··· EXTRACTED ENTRIES ···

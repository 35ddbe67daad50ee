-- ===== src/Eep/Tests.antt =====
-- Concrete runs of src/flash_eep.c on a small memory.
use b80_key.Prelude.{ℕ, ◌+◌, ◌-◌, ◌/◌, ◌≤◌, ◌<◌, ◌≡◌, ◌≢◌, ◌⊎◌, refl, inl}
use b80_key.Prelude.{
  List, [], ◌∷◌, ◌++◌, true, false, ◌&&◌, arith, ltb, leb, ◌==◌, if◌then◌else◌, length, get_or,
  bit_and,
}
use b80_key.Flash.{Mem, Flash, sector_size, bytes_at}
use b80_key.Eep.{Obj, max_fobj_size, eep_base, eep_banks_size, get_addr_bscfg, head_sector}
use b80_key.Eep.Log.{IsEntry, IsByte, All, log_end}
use b80_key.Eep.Pack.{no_flags, pack_eep_fmem}
use b80_key.Eep.Compact.{pack_log, visible, visible-pack_log}
use b80_key.Eep.Config.{
  size, flash_write_cfg, flash_read_cfg, flash_erase_all_cfg, u32_bytes, flash_supported_eep_ver,
}
use b80_key.Eep.Holds.{other_sector, Holds}
use b80_key.Eep.Repack.{IsPackable}
use b80_key.Eep.Switch.{packed_end, pack_eep_fmem-Holds}
use b80_key.Eep.Store.{value, Written, flash_read_cfg_lem, flash_write_cfg_lem}
use b80_key.Eep.ReadBack.{read-write}
use b80_key.Eep.PowerCut.{interrupted, write_obj-interrupted}
use b80_key.Eep.Fresh.{get_addr_bscfg-NoSector, flash_erase_all_cfg_lem}
use b80_key.Eep.Version.{accepts, is_new, Leaves, flash_supported_eep_ver_lem}
use b80_key.Eep.Repeat.{rounds, item, pack_log-rounds}

abbrev program : Mem → ℕ → List ℕ → Mem
program m a bs x =
    if leb a x && ltb x (a + length bs) then bit_and (m x) (get_or bs (x - a) 0) else m x

abbrev erase : Mem → ℕ → Mem
erase m a x = if x / sector_size == a / sector_size then 255 else m x

pub program-inside :
    (m : Mem) (a : ℕ) (bs : List ℕ) (i : ℕ)
    → i < length bs
    → program m a bs (a + i) ≡ bit_and (m (a + i)) (get_or bs i 0)
program-inside m a bs i p =
    let low : leb a (a + i) ≡ true = ground arith in
    let high : ltb (a + i) (a + length bs) ≡ true = ground arith in
    let at_i : a + i - a ≡ i = omega arith in rw (low, high, at_i) refl

pub program-outside :
    (m : Mem) (a : ℕ) (bs : List ℕ) (x : ℕ) → (x < a) ⊎ (a + length bs ≤ x) → program m a bs x ≡ m x
program-outside m a bs x p =
    let out : (leb a x && ltb x (a + length bs)) ≡ false = ground (arith, p) in rw out refl

pub erase-inside : (m : Mem) (a x : ℕ) → x / sector_size ≡ a / sector_size → erase m a x ≡ 255
erase-inside m a x p = rw p (ground arith)

pub erase-outside : (m : Mem) (a x : ℕ) → x / sector_size ≢ a / sector_size → erase m a x ≡ m x
erase-outside m a x p = ground (arith, p)

-- A NOR flash.
abbrev pub nor : Flash
nor = record {
  read_page = bytes_at;
  write_page = program;
  erase_sector = erase;
  read_lem = λ m a n. refl;
  write_inside = program-inside;
  write_outside = program-outside;
  erase_inside = erase-inside;
  erase_outside = erase-outside;
}

-- One object, and the rest of the bank erased.
abbrev pub memory : Mem
memory x =
    if x == 0xC001
    then 0
    else if x == 0xC002
    then 1
    else if x == 0xC003
    then 2
    else if x == 0xC004
    then 7
    else if x == 0xC005
    then 9
    else 255

abbrev pub records : List Obj
records = item 1 7 (9 ∷ []) ∷ []

memory-erased : (x : ℕ) → 0xC006 ≤ x → memory x ≡ 255
memory-erased x p = ground arith

pub memory-Holds : Holds memory 0xC000 records
unfolding log_end
memory-Holds = record {
  sector = inl refl;
  mark_id = refl;
  mark_size = refl;
  other = λ e. omega (arith, e);
  has_log = record {
    entries = (
      record {
        id_byte = omega arith;
        size_byte = omega arith;
        not_free = omega arith;
        data_span = refl;
        data_bytes = omega arith;
      },
      tt,
    );
    stored = (refl, refl, refl, tt);
    room = omega arith;
    erased = λ x p q. memory-erased x p;
  };
}

pub records-IsPackable : All IsPackable records
records-IsPackable = (λ e. omega arith, tt)

pub records-packed : packed_end records ≡ 6
unfolding log_end pack_log b80_key.Eep.Compact.pack_entry b80_key.Eep.Pack.check_flag_eep_id
    b80_key.Eep.Compact.emit_latest b80_key.Eep.Log.latest
records-packed = refl

new_bytes-IsByte : All IsByte (5 ∷ 6 ∷ [])
new_bytes-IsByte = (omega arith, (omega arith, tt))

room : packed_end records < sector_size
room = omega (arith, records-packed)

-- Writing two bytes for object 2.
flash_write_cfg_example :
    Written records 2 (5 ∷ 6 ∷ []) (flash_write_cfg nor memory (5 ∷ 6 ∷ []) 2 2)
flash_write_cfg_example =
    flash_write_cfg_lem nor memory 0xC000 records memory-Holds (5 ∷ 6 ∷ []) 2 2 records-IsPackable
      room (omega arith) (omega arith) (omega arith) new_bytes-IsByte

-- Reading one byte of object 1.
flash_read_cfg_example : flash_read_cfg nor memory 1 1 ≡ (size 2, 7 ∷ [], memory)
unfolding b80_key.Eep.Log.latest
flash_read_cfg_example =
    flash_read_cfg_lem nor memory 0xC000 records memory-Holds 1 1 (omega arith) (omega arith)

-- Writing two bytes for object 2, and reading them back.
read-write_example :
    let w = flash_write_cfg nor memory (5 ∷ 6 ∷ []) 2 2 in
    (w.0 ≡ size 2) × (flash_read_cfg nor w.1 2 20 ≡ (size 2, 5 ∷ 6 ∷ [], w.1))
read-write_example =
    read-write nor memory 0xC000 records memory-Holds 2 1 20 5 (6 ∷ []) records-IsPackable
      (omega arith) (omega arith) (omega arith) new_bytes-IsByte (omega arith)
      (omega (arith, records-packed))

room_for_packed :
    log_end (other_sector 0xC000 + 2) (pack_log no_flags records)
    < other_sector 0xC000 + sector_size
unfolding log_end pack_log b80_key.Eep.Compact.pack_entry b80_key.Eep.Pack.check_flag_eep_id
    b80_key.Eep.Compact.emit_latest b80_key.Eep.Log.latest
room_for_packed = omega arith

-- Packing the sector.
pack_eep_fmem_example :
    let (a, m') = pack_eep_fmem nor memory 0xC000 in
    Holds m' 0xD000 (pack_log no_flags records) × (a ≡ log_end 0xD002 (pack_log no_flags records))
pack_eep_fmem_example =
    pack_eep_fmem-Holds nor memory 0xC000 records memory-Holds records-IsPackable room_for_packed

visible-pack_log_example : visible (value 1 (pack_log no_flags records)) ≡ visible (value 1 records)
visible-pack_log_example = visible-pack_log 1 records (omega arith) memory-Holds.has_log.entries

-- Device configuration and device name, written three times each.
pack_log-rounds_example :
    pack_log no_flags (rounds 3 (item 1 7 (9 ∷ [])) (item 2 66 []))
    ≡ rounds 3 (item 1 7 (9 ∷ [])) (item 2 66 [])
pack_log-rounds_example =
    pack_log-rounds 1 7 2 66 (9 ∷ []) [] 3 (omega arith) (omega arith) (omega arith) (omega arith)
      (omega arith) refl

-- A store with no version is erased.
flash_supported_eep_ver_example :
    let (ok, m') = flash_supported_eep_ver nor memory 1 0x01000001 in
    ((accepts (value 0 records) 1 0x01000001 ≡ true)
      × (ok ≡ is_new (value 0 records) 0x01000001)
      × Leaves records 0 (u32_bytes 0x01000001) m')
    ⊎ ((accepts (value 0 records) 1 0x01000001 ≡ false)
        × (ok ≡ false)
        × Leaves [] 0 (u32_bytes 0x01000001) m')
flash_supported_eep_ver_example =
    flash_supported_eep_ver_lem nor memory 0xC000 records memory-Holds 1 0x01000001
      records-IsPackable room

get_addr_bscfg-NoSector_example :
    let (s, m') = get_addr_bscfg nor (λ x. 255) in (s ≡ eep_base) × Holds m' s []
get_addr_bscfg-NoSector_example = get_addr_bscfg-NoSector nor (λ x. 255) (omega arith)

flash_erase_all_cfg_example : flash_erase_all_cfg nor memory 0xC004 ≡ 255
flash_erase_all_cfg_example = flash_erase_all_cfg_lem nor memory 0xC004

abbrev two_bytes : Obj
two_bytes = record { id = 2; size = 2; bytes = 5 ∷ 6 ∷ [] }

two_bytes-IsEntry : IsEntry two_bytes
two_bytes-IsEntry = record {
  id_byte = omega arith;
  size_byte = omega arith;
  not_free = omega arith;
  data_span = refl;
  data_bytes = omega arith;
}

-- The power fails after the size and one byte of the object.
write_obj-interrupted_example :
    let m' = interrupted nor memory (log_end 0xC002 records) two_bytes 2 in
    (log' : List Obj) × Holds m' 0xC000 log'
    × (((id : ℕ) → id < 255 → value id log' ≡ value id records)
        ⊎ ((id : ℕ) → id < 255 → value id log' ≡ value id (records ++ two_bytes ∷ [])))
unfolding log_end
write_obj-interrupted_example =
    write_obj-interrupted nor memory 0xC000 records memory-Holds two_bytes two_bytes-IsEntry
      (omega arith) (omega arith) 2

···

WORK TO BE COMPLETED
Your answer should be the lines of the listing above between the line holding "-- One object, and" and the line holding "abbrev pub records : List Obj", inclusive, restated word for word and alone.

OUTPUT BELOW
-- One object, and the rest of the bank erased.
abbrev pub memory : Mem
memory x =
    if x == 0xC001
    then 0
    else if x == 0xC002
    then 1
    else if x == 0xC003
    then 2
    else if x == 0xC004
    then 7
    else if x == 0xC005
    then 9
    else 255

abbrev pub records : List Obj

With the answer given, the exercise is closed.